Machine Learning - Lecture 11: VC dimension

Chris Thornton

Introduction

Decision-tree learning is typical of machine learning in its approach to model development.

Each time a split is introduced, the model is made a bit more detailed.

More training cases covered.

The model is said to be incrementally refined using the data as a source of reference.

The problem of over-fitting

Unfortunately, this approach produces problems if there are errors in the data (which there usually are).

In this case there is the danger of reaching a point where refinements are simply `learning the errors'.

This is known as over-training or over-fitting.

The U-shaped peformance curve

Fortunately, it is possible to detect over-fitting.

As model refinement continues we expect to see an improvement in performance on both seen and unseen data.

If the data contains some errors, there will come a point where refinements are simply modeling errors.

At this point, we should see deteriorating generalization, even while performance on seens continues to improve.

Cross-validation to the rescue

It is with this problem that cross-validation comes into its own.

We can use cross-validation methods to detect the point at which refinements appear to be producing the effect of over-fitting.

The idea is to terminate learning as soon as we go past the point where performance on unseen examples starts to deteriorate.
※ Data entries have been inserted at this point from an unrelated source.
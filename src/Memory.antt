-- ===== src/Memory.antt =====
-- src/core/memory.c: guest physical memory as a list of RAM regions, and the lookups in it. Host
-- virtual addresses are numbers, and a NULL result is `none`.
pub mod Regions
pub mod Translate
mod Tests
use modvm.Prelude.{
  ℕ, ◌-◌, ◌%◌, Bool, true, false, ◌&&◌, ◌||◌, List, [], ◌∷◌, Option, none, some, ltb, leb, ◌==◌,
  ◌!=◌, bit_and, if◌then◌else◌,
}
use modvm.Prelude.Errno.{eio}
use modvm.Prelude.Words.{u64_max, add64, sub64}

pub record MemRegion : Type 0 where
  pub gpa : ℕ
  pub size : ℕ
  pub hva : ℕ
  pub flags : ℕ

pub record MemSpace : Type 0 where
  pub regions : List MemRegion
  pub total_ram : ℕ
  pub host_page_size : ℕ

abbrev pub mem_readonly : ℕ
mem_readonly = 1

-- `page_size` is what `host_page_size` returns.
pub space_init : ℕ → MemSpace × ℕ
space_init page_size = (
  record { regions = []; total_ram = 0; host_page_size = page_size },
  if page_size == 0 then eio else 0,
)

unfoldable pub region_is_overlap : ℕ → ℕ → ℕ → ℕ → Bool
region_is_overlap base1 size1 base2 size2 =
    ltb base1 (add64 base2 size2) && ltb base2 (add64 base1 size1)

unfoldable pub find_region : List MemRegion → ℕ → Option MemRegion
find_region [] addr = none
find_region (reg ∷ regs) addr =
    if leb reg.gpa addr && ltb (sub64 addr reg.gpa) reg.size
    then some reg
    else find_region regs addr

freed_pages : List MemRegion → List (ℕ × ℕ)
freed_pages [] = []
freed_pages (r ∷ rs) = (r.hva, r.size) ∷ freed_pages rs

-- The second result is the calls of `host_page_free`, in order.
pub space_destroy : MemSpace → MemSpace × List (ℕ × ℕ)
unfolding freed_pages
space_destroy space = (record space { regions = []; total_ram = 0 }, freed_pages space.regions)

module _ (space : MemSpace) where
  -- The second result is `*out_len`.
  unfoldable pub map_chunk : ℕ → ℕ → Bool → Option ℕ × ℕ
  map_chunk gpa len write =
      if len == 0 || ltb (u64_max - gpa) len
      then (none, 0)
      else elim (find_region space.regions gpa) [
        | none ↦ (none, 0)
        | some reg ↦
            if write && bit_and reg.flags mem_readonly != 0
            then (none, 0)
            else (let offset = sub64 gpa reg.gpa in
                let available = reg.size - offset in
                (some (add64 reg.hva offset), if ltb len available then len else available))
      ]

  unfoldable pub map_range : ℕ → ℕ → Bool → Option ℕ
  unfolding map_chunk
  map_range gpa len write =
      let (hva, available) = map_chunk gpa len write in if available == len then hva else none
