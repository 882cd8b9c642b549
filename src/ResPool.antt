-- ===== src/ResPool.antt =====
-- src/util/res_pool.c: a pool of resources, each an allocation or a cleanup obligation, released in
-- reverse order. Pointers are numbers and NULL is 0. A list of nodes stands for the intrusive list,
-- oldest first; the outcome of `calloc` is an argument (`none` where it fails).
use modvm.Prelude.{
  ℕ, zero, suc, ◌-◌, Bool, true, false, ◌&&◌, ◌||◌, List, [], ◌∷◌, ◌++◌, Option, none, some, ltb,
  ◌==◌, ◌!=◌, length, if◌then◌else◌,
}
use modvm.Prelude.Errno.{einval, eshutdown, eexist, enomem, enoent}
use modvm.Prelude.Words.{u64_max}
mod Find
pub mod Ownership
pub mod Transfer
pub mod Release
mod Tests

pub record ResNode : Type 0 where
  pub addr : ℕ
  pub pool : ℕ
  pub action : ℕ
  pub action_data : ℕ

pub record ResPool : Type 0 where
  pub self : ℕ
  pub resources : List ResNode
  pub releasing : Bool

-- sizeof(struct res_node): five pointers, padded to the alignment of `data`.
abbrev pub node_size : ℕ
node_size = 48

pub init : ℕ → ResPool
init self = record { self = self; resources = []; releasing = false }

append : ResPool → ResNode → ResPool
append p n = record p { resources = p.resources ++ n ∷ [] }

-- The address returned is that of the node, whose payload the caller uses.
pub zalloc : ResPool → ℕ → Option ℕ → ResPool × Option ℕ
unfolding append
zalloc p size calloc =
    if p.releasing || size == 0 || ltb (u64_max - node_size) size then (p, none) else elim calloc [
      | none ↦ (p, none)
      | some a ↦
          (append p (record { addr = a; pool = p.self; action = 0; action_data = 0 }), some a)
    ]

abbrev pub is_action : ℕ → ℕ → ResNode → Bool
is_action fn arg n = n.action == fn && n.action_data == arg

-- The search loops of the functions below.
pub find_action : ℕ → ℕ → List ResNode → Option ResNode
find_action fn arg [] = none
find_action fn arg (n ∷ ns) = if is_action fn arg n then some n else find_action fn arg ns

-- `list_del` of the node that `find_action` returns.
pub del_action : ℕ → ℕ → List ResNode → List ResNode
del_action fn arg [] = []
del_action fn arg (n ∷ ns) = if is_action fn arg n then ns else n ∷ del_action fn arg ns

abbrev pub has_action : ℕ → ℕ → List ResNode → Bool
has_action fn arg ns = elim (find_action fn arg ns) [ none ↦ false | some _ ↦ true ]

pub add_action : ResPool → ℕ → ℕ → Option ℕ → ResPool × ℕ
unfolding append
add_action p fn arg calloc =
    if fn == 0
    then (p, einval)
    else if p.releasing
    then (p, eshutdown)
    else if has_action fn arg p.resources
    then (p, eexist)
    else elim calloc [
      | none ↦ (p, enomem)
      | some a ↦ (append p (record { addr = a; pool = p.self; action = fn; action_data = arg }), 0)
    ]

-- The last result is whether `fn` was called with `arg` on the spot.
pub add_action_or_reset : ResPool → ℕ → ℕ → Option ℕ → ResPool × ℕ × Bool
add_action_or_reset p fn arg calloc =
    let (p', ret) = add_action p fn arg calloc in (p', ret, ret != 0 && ret != eexist && fn != 0)

-- `from == to` compares the pools' addresses; then both arguments are that pool.
pub transfer_action : ResPool → ResPool → ℕ → ℕ → ResPool × ResPool × ℕ
unfolding append
transfer_action from to fn arg =
    if fn == 0
    then (from, to, einval)
    else if from.releasing || to.releasing
    then (from, to, eshutdown)
    else elim (find_action fn arg from.resources) [
      | none ↦ (from, to, enoent)
      | some found ↦
          if found.pool != from.self
          then (from, to, einval)
          else if from.self == to.self
          then (from, to, 0)
          else if has_action fn arg to.resources
          then (from, to, eexist)
          else (
            record from { resources = del_action fn arg from.resources },
            append to (record found { pool = to.self }),
            0,
          )
    ]

pub cancel_action : ResPool → ℕ → ℕ → ResPool × ℕ
cancel_action p fn arg = if fn == 0 then (p, einval) else elim (find_action fn arg p.resources) [
  | none ↦ (p, enoent)
  | some n ↦
      if n.pool != p.self
      then (p, einval)
      else (record p { resources = del_action fn arg p.resources }, 0)
]

-- What a cleanup callback may do to the pool that is being released.
pub data Call : Type 0 where
  zallocs : ℕ → Option ℕ → Call
  adds : ℕ → ℕ → Option ℕ → Call
  cancels : ℕ → ℕ → Call
  transfers_in transfers_out : ResPool → ℕ → ℕ → Call
  releases : Call

-- A nested `res_release_all` returns at once, since `releasing` is set.
pub call : Call → ResPool → ResPool
call (zallocs size calloc) p = (zalloc p size calloc).0
call (adds fn arg calloc) p = (add_action p fn arg calloc).0
call (cancels fn arg) p = (cancel_action p fn arg).0
call (transfers_in from fn arg) p = (transfer_action from p fn arg).1
call (transfers_out to fn arg) p = (transfer_action p to fn arg).0
call releases p = p

pub calls : List Call → ResPool → ResPool
unfolding call
calls [] p = p
calls (c ∷ cs) p = calls cs (call c p)

-- `list_last_entry`, with the list that is left by `list_del`.
pub split_last : List ResNode → Option (List ResNode × ResNode)
split_last [] = none
split_last (n ∷ ns) = elim (split_last ns) [
  | none ↦ some ([], n)
  | some (init, last) ↦ some (n ∷ init, last)
]

module _ (body : ℕ → ℕ → List Call) where
  -- What the callback of a removed node does to the pool.
  pub call_action : ResNode → ResPool → ResPool
  unfolding calls
  call_action n p = if n.action == 0 then p else calls (body n.action n.action_data) p

  -- The loop of `res_release_all`, with fuel: `body fn arg` is what the callback `fn` does to the
  -- pool when it is called with `arg`, and the list returned is the actions called, in order.
  pub release_loop : ℕ → ResPool → Option (ResPool × List (ℕ × ℕ))
  unfolding split_last call_action
  release_loop zero p = elim p.resources [ [] ↦ some (p, []) | _ ↦ none ]
  release_loop (suc fuel) p = elim (split_last p.resources) [
    | none ↦ some (p, [])
    | some (rest, n) ↦
        if n.pool != p.self
        then none
        else elim (release_loop fuel (call_action n (record p { resources = rest }))) [
          | none ↦ none
          | some (q, run) ↦ some (q, if n.action == 0 then run else (n.action, n.action_data) ∷ run)
        ]
  ]

  -- `none` is a BUG_ON, or too many rounds.
  pub release_all : ResPool → Option (ResPool × List (ℕ × ℕ))
  unfolding release_loop
  release_all p =
      if p.releasing
      then some (p, [])
      else elim (release_loop (length p.resources) (record p { releasing = true })) [
        | none ↦ none
        | some (q, run) ↦ some (record q { releasing = false }, run)
      ]
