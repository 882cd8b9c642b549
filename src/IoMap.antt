-- ===== src/IoMap.antt =====
-- src/core/io_map.c: the device regions of the port and the memory I/O space. Each function runs
-- under the VM I/O lock, which is not modelled: a call is one step.
pub mod Topology
pub mod Dispatch
mod Tests
use modvm.Prelude.{
  ℕ, ◌+◌, ◌-◌, ◌<◌, Bool, true, false, ◌&&◌, ◌||◌, List, [], ◌∷◌, ◌++◌, Option, none, some, ltb,
  leb, ◌==◌, not, ◌!=◌, if◌then◌else◌,
}
use modvm.Prelude.Errno.{einval, eoverflow, ebusy, enomem, Result, ok, err}
use modvm.Prelude.Words.{u64_max, add64, sub64}
use modvm.ResPool
use modvm.ResPool.{ResPool}
use modvm.Memory.{MemRegion}

pub data IoSpace : Type 0 where
  pio mmio : IoSpace

-- `self` is the address of the structure, by which the code tells regions apart.
pub record IoRegion : Type 0 where
  pub self : ℕ
  pub dev : ℕ
  pub base : ℕ
  pub size : ℕ
  pub space : IoSpace
  pub enabled : Bool

pub record IoMap : Type 0 where
  pub pio_regions : List IoRegion
  pub mmio_regions : List IoRegion

-- The fields of `struct device` that a registration reads.
pub record Device : Type 0 where
  pub self : ℕ
  pub has_ctx : Bool
  pub has_ops : Bool
  pub resources : ResPool

-- The address of the function `io_region_unregister`.
abbrev pub unregister_fn : ℕ
unregister_fn = 1

-- sizeof(struct io_region)
abbrev pub io_region_size : ℕ
io_region_size = 48

unfoldable pub regions : IoMap → IoSpace → List IoRegion
regions m pio = m.pio_regions
regions m mmio = m.mmio_regions

unfoldable pub with_regions : IoMap → IoSpace → List IoRegion → IoMap
with_regions m pio rs = record m { pio_regions = rs }
with_regions m mmio rs = record m { mmio_regions = rs }

-- The loop over the regions of one space in `io_map_register_region_locked`.
unfoldable pub io_conflict : ℕ → ℕ → List IoRegion → Bool
io_conflict base size [] = false
io_conflict base size (pos ∷ rest) =
    (ltb base (add64 pos.base pos.size) && ltb pos.base (add64 base size))
    || io_conflict base size rest

-- The loop over RAM, for a region in memory space.
unfoldable pub ram_conflict : ℕ → ℕ → List MemRegion → Bool
ram_conflict base size [] = false
ram_conflict base size (ram ∷ rest) =
    (ltb base (add64 ram.gpa ram.size) && ltb ram.gpa (add64 base size))
    || ram_conflict base size rest

unfoldable pub ram_blocks : IoSpace → ℕ → ℕ → List MemRegion → Bool
unfolding ram_conflict
ram_blocks pio base size ram = false
ram_blocks mmio base size ram = ram_conflict base size ram

-- `calloc_region` and `calloc_action` are the allocations of `res_zalloc` and `res_add_action`.
module _ (ram : List MemRegion) (calloc_region calloc_action : Option ℕ) where
  -- The part after the checks: allocate, append, and owe the removal to the device's pool.
  unfoldable pub register_new : IoMap → IoSpace → ℕ → ℕ → Device → IoMap × Device × Result IoRegion
  unfolding regions with_regions
  register_new m space base size dev =
      let (pool, reg) = ResPool.zalloc dev.resources io_region_size calloc_region in
      elim reg [
        | none ↦ (m, record dev { resources = pool }, err enomem)
        | some a ↦
            let r : IoRegion = record {
              self = a;
              dev = dev.self;
              base = base;
              size = size;
              space = space;
              enabled = true;
            } in
            let (pool', ret) = ResPool.add_action pool unregister_fn a calloc_action in
            if ret == 0
            then (
              with_regions m space (regions m space ++ r ∷ []),
              record dev { resources = pool' },
              ok r,
            )
            else (m, record dev { resources = pool' }, err ret)
      ]

  unfoldable pub register_region :
      IoMap → IoSpace → ℕ → ℕ → Device → IoMap × Device × Result IoRegion
  unfolding regions io_conflict ram_blocks register_new
  register_region m space base size dev =
      if not dev.has_ctx || not dev.has_ops || size == 0
      then (m, dev, err einval)
      else if ltb (u64_max - size) base
      then (m, dev, err eoverflow)
      else if io_conflict base size (regions m space) || ram_blocks space base size ram
      then (m, dev, err ebusy)
      else register_new m space base size dev

-- `list_del` of the region at one address: the cleanup action of a registration.
unfoldable pub del_region : ℕ → List IoRegion → List IoRegion
del_region self [] = []
del_region self (r ∷ rs) = if r.self == self then rs else r ∷ del_region self rs

unfoldable pub unregister : IoMap → IoRegion → IoMap
unfolding regions with_regions del_region
unregister m r = with_regions m r.space (del_region r.self (regions m r.space))

-- Stores through a region pointer.
unfoldable pub set_base : ℕ → ℕ → List IoRegion → List IoRegion
set_base self base [] = []
set_base self base (r ∷ rs) =
    (if r.self == self then record r { base = base } else r) ∷ set_base self base rs

unfoldable pub set_enabled : ℕ → Bool → List IoRegion → List IoRegion
set_enabled self b [] = []
set_enabled self b (r ∷ rs) =
    (if r.self == self then record r { enabled = b } else r) ∷ set_enabled self b rs

unfoldable pub relocate_conflict : ℕ → ℕ → ℕ → List IoRegion → Bool
relocate_conflict self base size [] = false
relocate_conflict self base size (reg ∷ rest) =
    (reg.self != self && (ltb base (add64 reg.base reg.size) && ltb reg.base (add64 base size)))
    || relocate_conflict self base size rest

-- `target` is the region that the pointer designates, with its present fields.
unfoldable pub relocate_region : IoMap → List MemRegion → IoRegion → ℕ → IoMap × ℕ
unfolding regions with_regions relocate_conflict ram_blocks set_base
relocate_region m ram target base =
    if ltb (u64_max - target.size) base
    then (m, eoverflow)
    else if relocate_conflict target.self base target.size (regions m target.space)
    then (m, ebusy)
    else if ram_blocks target.space base target.size ram
    then (m, ebusy)
    else (with_regions m target.space (set_base target.self base (regions m target.space)), 0)

-- A floating bus reads as ones.
abbrev pub all_ones : ℕ
all_ones = u64_max

-- The region that an access is routed to: the first that is enabled and contains the address.
unfoldable pub route : List IoRegion → ℕ → Option IoRegion
route [] addr = none
route (pos ∷ rest) addr =
    if pos.enabled && (leb pos.base addr && ltb addr (add64 pos.base pos.size))
    then some pos
    else route rest addr

-- What a device does on an access, over the state `S` of all devices: `none` is a NULL callback.
pub record DeviceOps (S : Type 0) : Type 0 where
  pub read : Option (IoRegion → ℕ → ℕ → S → S × ℕ)
  pub write : Option (IoRegion → ℕ → ℕ → ℕ → S → S)

abbrev pub is_access_size : ℕ → Bool
is_access_size size = size == 1 || (size == 2 || (size == 4 || size == 8))

-- `ops` gives `pos->dev->ops` for a device.
module _ {S : Type 0} (ops : ℕ → DeviceOps S) where
  unfoldable pub read_locked : IoMap → IoSpace → ℕ → ℕ → S → S × ℕ
  unfolding regions route
  read_locked m space addr size s = elim (route (regions m space) addr) [
    | none ↦ (s, all_ones)
    | some pos ↦
        let offset = sub64 addr pos.base in
        if ltb (sub64 pos.size offset) size
        then (s, all_ones)
        else elim (ops pos.dev).read [ none ↦ (s, all_ones) | some f ↦ f pos offset size s ]
  ]

  unfoldable pub write_locked : IoMap → IoSpace → ℕ → ℕ → ℕ → S → S
  unfolding regions route
  write_locked m space addr val size s = elim (route (regions m space) addr) [
    | none ↦ s
    | some pos ↦
        let offset = sub64 addr pos.base in
        if ltb (sub64 pos.size offset) size
        then s
        else elim (ops pos.dev).write [ none ↦ s | some f ↦ f pos offset val size s ]
  ]

  unfoldable pub read : IoMap → IoSpace → ℕ → ℕ → S → S × ℕ
  unfolding read_locked
  read m space addr size s =
      if is_access_size size then read_locked m space addr size s else (s, all_ones)

  unfoldable pub write : IoMap → IoSpace → ℕ → ℕ → ℕ → S → S
  unfolding write_locked
  write m space addr val size s =
      if is_access_size size then write_locked m space addr val size s else s
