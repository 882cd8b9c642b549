-- ===== src/AddRam.antt =====
-- `vm_add_ram` of src/core/memory.c: one bank of guest RAM, added while the VM is built.
pub mod Sound
mod Tests
use modvm.Prelude.{
  ℕ, ◌+◌, ◌-◌, ◌%◌, Bool, true, false, ◌||◌, List, [], ◌∷◌, ◌++◌, Option, none, some, ltb, ◌==◌,
  ◌!=◌, not, if◌then◌else◌,
}
use modvm.Prelude.Errno.{einval, ebusy, enotsup, eoverflow, enomem, Result, ok, err}
use modvm.Prelude.Words.{u64_max}
use modvm.Memory.{MemRegion, MemSpace, region_is_overlap}
use modvm.IoMap.{IoMap, IoRegion}

pub data VmState : Type 0 where
  building ready running stopped : VmState

abbrev pub is_building : VmState → Bool
is_building building = true
is_building _ = false

-- The accelerator's `map_ram`: what it returns for a region.
pub record Accel : Type 0 where
  pub map_ram : Option (MemRegion → ℕ)

-- The fields of `struct vm_ctx` that concern its address spaces; `accel` is `ctx->accel.desc`.
pub record VmCtx : Type 0 where
  pub state : VmState
  pub stop_requested : Bool
  pub mem_space : MemSpace
  pub io_map : IoMap
  pub accel : Option Accel

-- What the host does for the call: whether `calloc` succeeds, and what `host_page_alloc` returns.
pub record Host : Type 0 where
  pub calloc : Bool
  pub page_alloc : Result ℕ

-- The pages taken from the host and given back to it, in order.
pub data PageCall : Type 0 where
  alloc free : ℕ → ℕ → PageCall

unfoldable pub ram_overlap : ℕ → ℕ → List MemRegion → Bool
ram_overlap gpa size [] = false
ram_overlap gpa size (pos ∷ rest) =
    region_is_overlap gpa size pos.gpa pos.size || ram_overlap gpa size rest

unfoldable pub io_overlap : ℕ → ℕ → List IoRegion → Bool
io_overlap gpa size [] = false
io_overlap gpa size (io ∷ rest) =
    region_is_overlap gpa size io.base io.size || io_overlap gpa size rest

module _ (host : Host) (gpa size flags : ℕ) where
  -- From `host_page_alloc` on: map the pages, or give them back.
  unfoldable pub mount : VmCtx → (MemRegion → ℕ) → VmCtx × ℕ × List PageCall
  mount ctx map_ram = elim host.page_alloc [
    | err e ↦ (ctx, e, [])
    | ok hva ↦
        let reg : MemRegion = record { gpa = gpa; size = size; hva = hva; flags = flags } in
        let ret = map_ram reg in
        if ret != 0 then (ctx, ret, alloc hva size ∷ free hva size ∷ []) else (
          record ctx {
            mem_space = record ctx.mem_space {
              regions = ctx.mem_space.regions ++ reg ∷ [];
              total_ram = ctx.mem_space.total_ram + size;
            };
          },
          0,
          alloc hva size ∷ [],
        )
  ]

  -- From the test of `map_ram` on.
  unfoldable pub place : VmCtx → (MemRegion → ℕ) → VmCtx × ℕ × List PageCall
  unfolding ram_overlap io_overlap mount
  place ctx map_ram =
      let space = ctx.mem_space in
      if ltb (u64_max - space.total_ram) size || ltb (u64_max - gpa) size
      then (ctx, eoverflow, [])
      else if gpa % space.host_page_size != 0 || size % space.host_page_size != 0
      then (ctx, einval, [])
      else if ram_overlap gpa size space.regions || io_overlap gpa size ctx.io_map.mmio_regions
      then (ctx, ebusy, [])
      else if not host.calloc
      then (ctx, enomem, [])
      else mount ctx map_ram

  unfoldable pub add_ram : VmCtx → VmCtx × ℕ × List PageCall
  unfolding place
  add_ram ctx =
      if size == 0
      then (ctx, einval, [])
      else if not (is_building ctx.state) || ctx.stop_requested
      then (ctx, ebusy, [])
      else if ctx.mem_space.host_page_size == 0
      then (ctx, einval, [])
      else elim ctx.accel [
        | none ↦ (ctx, einval, [])
        | some accel ↦ elim accel.map_ram [ none ↦ (ctx, enotsup, []) | some f ↦ place ctx f ]
      ]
Unfortunately, in some situations, we see quite significant variations in generalization performance prior to any over-fitting.

Spotting the critical moment can be quite challenging.

Bias-based strategies

Another approach to the problem of over-fitting involves control of bias.

More strongly biased methods are more limited in terms of the patterns they can represent.

So another way of making sure we don't end up `training on noise' is to use a method whose bias effectively rules such patterns out.

In practice, this may be hard to achieve if we don't know what the errors are.

However, the general rule applies.

A stronger bias implies less vulnerability to over-fitting.
A weaker bias implies more vulnerability.

We want to achieve the strongest bias possible, but in a way that still allows significant patterns to be identified and represented.

VC definition

VC dimension is a formal measure of bias which has played an important role in mathematical work on learnability.

The VC dimension of a representation system is defined to be

the maximum number of datapoints that can be separated (i.e., grouped) in all possible ways.

Another way of saying this is to describe it as the the most datapoints that can be `shattered' by the representation.

More powerful representations are able to shatter larger sets of datapoints. These have higher VC dimension.

Less powerful representations can only shatter smaller sets of datapoints.

These then have lower VC dimension.

Classic VC-dimension illustration

VC dimension as a definition of bias

VC dimension seems to focus on a particularly demanding representation task, i.e., representing all possible ways of grouping datapoints.

From the intuitive point of view, this makes it less than ideal as a general measure of bias strength.

We could have a system with very low VC dimension that is actually quite weakly biased. This would happen, for example, if the system was able to almost shatter large datasets, while only being able to fully shatter very small ones.

VC dimension in mathematics

VC dimension is useful in formal analysis of learnability, however.

This is because VC dimension provides an upper bound on generalization error.

The mathematics of this are quite complex.

The basic idea is that reducing VC dimension has the effect of eliminating potential generalization errors.

So if we have some notion of how many generalization errors are possible, VC dimension gives an indication of how many could be made in any given context.

The subfield of Computational Learning Theory is concerned with deriving VC-dimension bounds in different training scenarios.

Summary

With incremental model refinement we have the risk of `training on noise', i.e,. over-fitting.
A system that is over-fitting will tend to show deteriorating generalization.
Can address the problem through cross-validation strategies which aim to identify the point at which generalization starts to deteriorate.
Can also address the problem through strenghthening bias.
VC dimension is a formal measure of bias that has been very useful in formal learning theory.

Questions

How does the problem of over-fitting arise in the case of k-means clustering?
How does the problem of over-fitting relate to the problem of lookup tables?
Consider a representational framework based on centroids in a 2d space. What is the VC dimension?